# Links para produtos do ECMWF



## Vince (26 Mar 2012 às 23:28)

Links para cartas/produtos do modelo ECMWF que estão abertos:


*Deterministic forecast - Públicos* (que toda a gente conhece)
- Mean sea level pressure, wind speed at 850 hPa 
- Geopotential 500 hPa, temperature at 850 hPa


*Ensemble Prediction System- Públicos* (que toda a gente conhece)
- Ensemble mean and spread for geopotential at 500 hPa
- Ensemble mean and spread for temperature at 850 hPa
- Ensemble mean and spread for mean sea level pressure
- Ensemble mean and spread  for wind speed at 850 hPa


*Outros* (meio "escondidos" e que tem vindo a ser disponibilizados)
- EPS members
- Rainfall and MSLP
- Relative humidity and wind (700 e 850 hPa)
- 2m temperature and 30m winds
- Cloud Cover
- 2m temperature (EFI)
- Precipitations 24h/5d/10d (EFI)
- 10m wind gusts (EFI)
- 10m wind gusts probabilities (>15m/s e >25m/s)
- SST e SST anomaly
- Geographical Data coverage


----------



## algarvio1980 (4 Fev 2013 às 19:25)

Sou só eu, ou os links dos produtos ECMWF foram todos fechados, nenhum dá e aparece esta mensagem:



> An object was lost
> 
> 
> You where looking for an object named catalog/samplers/banner/mean_sea_level_pressure_and_24h_cumulated_precipitations that does not exist. It may have been deleted, temporary results are only kept a limited amount of time.
> ...


----------



## João Sousa (4 Fev 2013 às 19:29)

Vince disse:


> Links para cartas/produtos do modelo ECMWF que estão abertos:
> 
> 
> *Deterministic forecast - Públicos* (que toda a gente conhece)
> ...



tenta ai. Registo fácil e simples. 
Espero que resolva
http://www.tiempohoy.es/es/home/tiempo/mi-perfil.html


----------



## algarvio1980 (4 Fev 2013 às 19:41)

João Sousa disse:


> tenta ai.

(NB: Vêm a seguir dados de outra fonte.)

-- ===== src/Page/Access.antt =====
-- pgread after pgwrite, through a region of the symbol table.
use lab_os_assignment.Base.{
  le→leb, ℕ, zero, suc, ◌+◌, ◌-◌, ◌%◌, ◌≤◌, ◌<◌, ◌≡◌, refl, arith, some, List, [], ◌∷◌, length,
  get_elem?, get_elem?_lt, set, length-set, get_elem?-set_self,
}
use lab_os_assignment.Outcome.{ok, ◌>>=◌, success}
use lab_os_assignment.Words.{to_int}
use lab_os_assignment.Chain.{Chain, node}
use lab_os_assignment.Paging
use lab_os_assignment.Device.Cells.{dump_lem}
use lab_os_assignment.Mm.{Region, Area, Caller, get_vma_by_num}
use lab_os_assignment.Vm.{get_symrg_byid}
use lab_os_assignment.Page.{
  region_address, read, write, print_entries, print_pgtbl, print_memory, pgread, pgwrite,
}
use lab_os_assignment.Page.Present.{IsMapped, physical, pg_getval_lem, pg_setval_lem}

print_entries_ok :
    (rounds i : ℕ) (pgd : List ℕ)
    → i + rounds ≤ length pgd
    → (l : List ℕ) × (print_entries rounds i pgd ≡ ok l)
unfolding print_entries
print_entries_ok zero i pgd h = ([], refl)
print_entries_ok (suc rounds) i pgd h =
    let (pte, e) = get_elem?_lt pgd i (omega arith) in
    let (l, rest) = print_entries_ok rounds (i + 1) pgd (omega arith) in (pte ∷ l, rw (e, rest))

-- The process has an area, and what pgread and pgwrite print lies inside the table and the RAM.
pub record CanPrint (c : Caller) (a : Area) (next : Chain Area) : Type 0 where
  pub area : c.mm.mmap ≡ node a next
  pub table : Paging.pgn (to_int a.vm_end) ≤ length c.mm.pgd
  pub ram : c.mram.maxsz ≤ length c.mram.storage

print_memory_ok :
    (c : Caller) (a : Area) (next : Chain Area) → CanPrint c a next → print_memory c ≡ ok tt
unfolding print_memory print_pgtbl get_vma_by_num Paging.pgn
print_memory_ok c a next p =
    let start : Paging.pgn 0 ≡ 0 = refl in
    let all : Paging.pgn (to_int a.vm_end) - 0 ≡ Paging.pgn (to_int a.vm_end) = omega arith in
    let (l, e) = print_entries_ok (Paging.pgn (to_int a.vm_end)) 0 c.mm.pgd (omega arith) in
    rw (p.area, start, all, e, dump_lem c.mram, le→leb c.mram.maxsz (length c.mram.storage) p.ram)

-- The region in slot `rgid`, and the mapped byte at `offset` in it.
pub record IsReachable (c : Caller) (rgid offset pte : ℕ) (rg : Region) : Type 0 where
  pub slot : rgid < 30
  pub region : get_elem? c.mm.symrgtbl rgid ≡ some rg
  pub mapped : IsMapped c (region_address rg.rg_start offset) pte

module _ (c : Caller) (a : Area) (next : Chain Area) (area : c.mm.mmap ≡ node a next) where
  head_area : get_vma_by_num c.mm 0 ≡ ok (some a)
  unfolding get_vma_by_num
  head_area = rw area

  in_table : (rgid : ℕ) → rgid < 30 → get_symrg_byid rgid ≡ some rgid
  unfolding get_symrg_byid
  in_table rgid h = ground arith

  read_lem :
      (rgid offset pte b : ℕ) (rg : Region)
      → IsReachable c rgid offset pte rg
      → get_elem? c.mram.storage (physical pte (region_address rg.rg_start offset)) ≡ some b
      → read c 0 rgid offset ≡ ok (success, some b, c)
  unfolding read
  read_lem rgid offset pte b rg r e = rw (
    head_area,
    in_table rgid r.slot,
    r.region,
    pg_getval_lem c (region_address rg.rg_start offset) pte r.mapped b e,
  )

  write_lem :
      (rgid offset pte b : ℕ) (rg : Region)
      → IsReachable c rgid offset pte rg
      → write c 0 rgid offset b
        ≡ ok (
          success,
          record c {
            mram = record (c.mram) {
              storage = set c.mram.storage (physical pte (region_address rg.rg_start offset)) b;
            };
          },
        )
  unfolding write
  write_lem rgid offset pte b rg r = rw (
    head_area,
    in_table rgid r.slot,
    r.region,
    pg_setval_lem c (region_address rg.rg_start offset) pte r.mapped b,
  )

-- `pgread` of a byte that `pgwrite` has written through the same region and offset succeeds and
-- gives the byte, the low 8 bits of the value; beside the byte in RAM nothing is changed. The page is
-- present, and what both calls print lies inside the table and the RAM.
pub pgread-pgwrite :
    (c : Caller) (a : Area) (next : Chain Area) (rgid offset pte value destination : ℕ)
    (rg : Region)
    → CanPrint c a next
    → IsReachable c rgid offset pte rg
    → (pgwrite c value rgid offset >>= λ w. pgread w.1 rgid offset destination)
      ≡ ok (
        success,
        value % 256,
        record c {
          mram = record (c.mram) {
            storage =
                set c.mram.storage (physical pte (region_address rg.rg_start offset)) (value % 256);
          };
        },
      )
unfolding pgwrite pgread
pgread-pgwrite c a next rgid offset pte value destination rg p r = rw (
  print_memory_ok c a next p,
  write_lem c a next p.area rgid offset pte (value % 256) rg r,
  read_lem after a next p.area rgid offset pte (value % 256) rg reachable found,
  print_memory_ok after a next printable,
)
  where
    at : ℕ
    at = physical pte (region_address rg.rg_start offset)

    after : Caller
    after = record c { mram = record (c.mram) { storage = set c.mram.storage at (value % 256) } }

    kept : length (set c.mram.storage at (value % 256)) ≡ length c.mram.storage
    kept = length-set c.mram.storage at (value % 256)

    reachable : IsReachable after rgid offset pte rg
    reachable = record {
      slot = r.slot;
      region = r.region;
      mapped = record {
        entry = r.mapped.entry;
        present = r.mapped.present;
        random = r.mapped.random;
        inside = rw kept r.mapped.inside;
      };
    }

    found : get_elem? after.mram.storage at ≡ some (value % 256)
    found = get_elem?-set_self c.mram.storage at (value % 256) r.mapped.inside

    printable : CanPrint after a next
    printable = record { area = p.area; table = p.table; ram = rw kept p.ram }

Registo fácil e simples.
> Espero que resolva
> http://www.tiempohoy.es/es/home/tiempo/mi-perfil.html



Obrigado João.


----------



## João Sousa (4 Fev 2013 às 19:43)

algarvio1980 disse:


> Obrigado João.



Já consegues ter acesso?


----------



## algarvio1980 (4 Fev 2013 às 20:30)

João Sousa disse:


> Já consegues ter acesso?



Já sim, fiz o registo e já dá para ver. Obrigado uma vez mais.


----------



## vitamos (5 Fev 2013 às 09:28)

Não se esqueçam que também podem consultar alguns dos produtos no nosso portal:

http://www.meteopt.com/previsao/modelos/ecmwf/europa


----------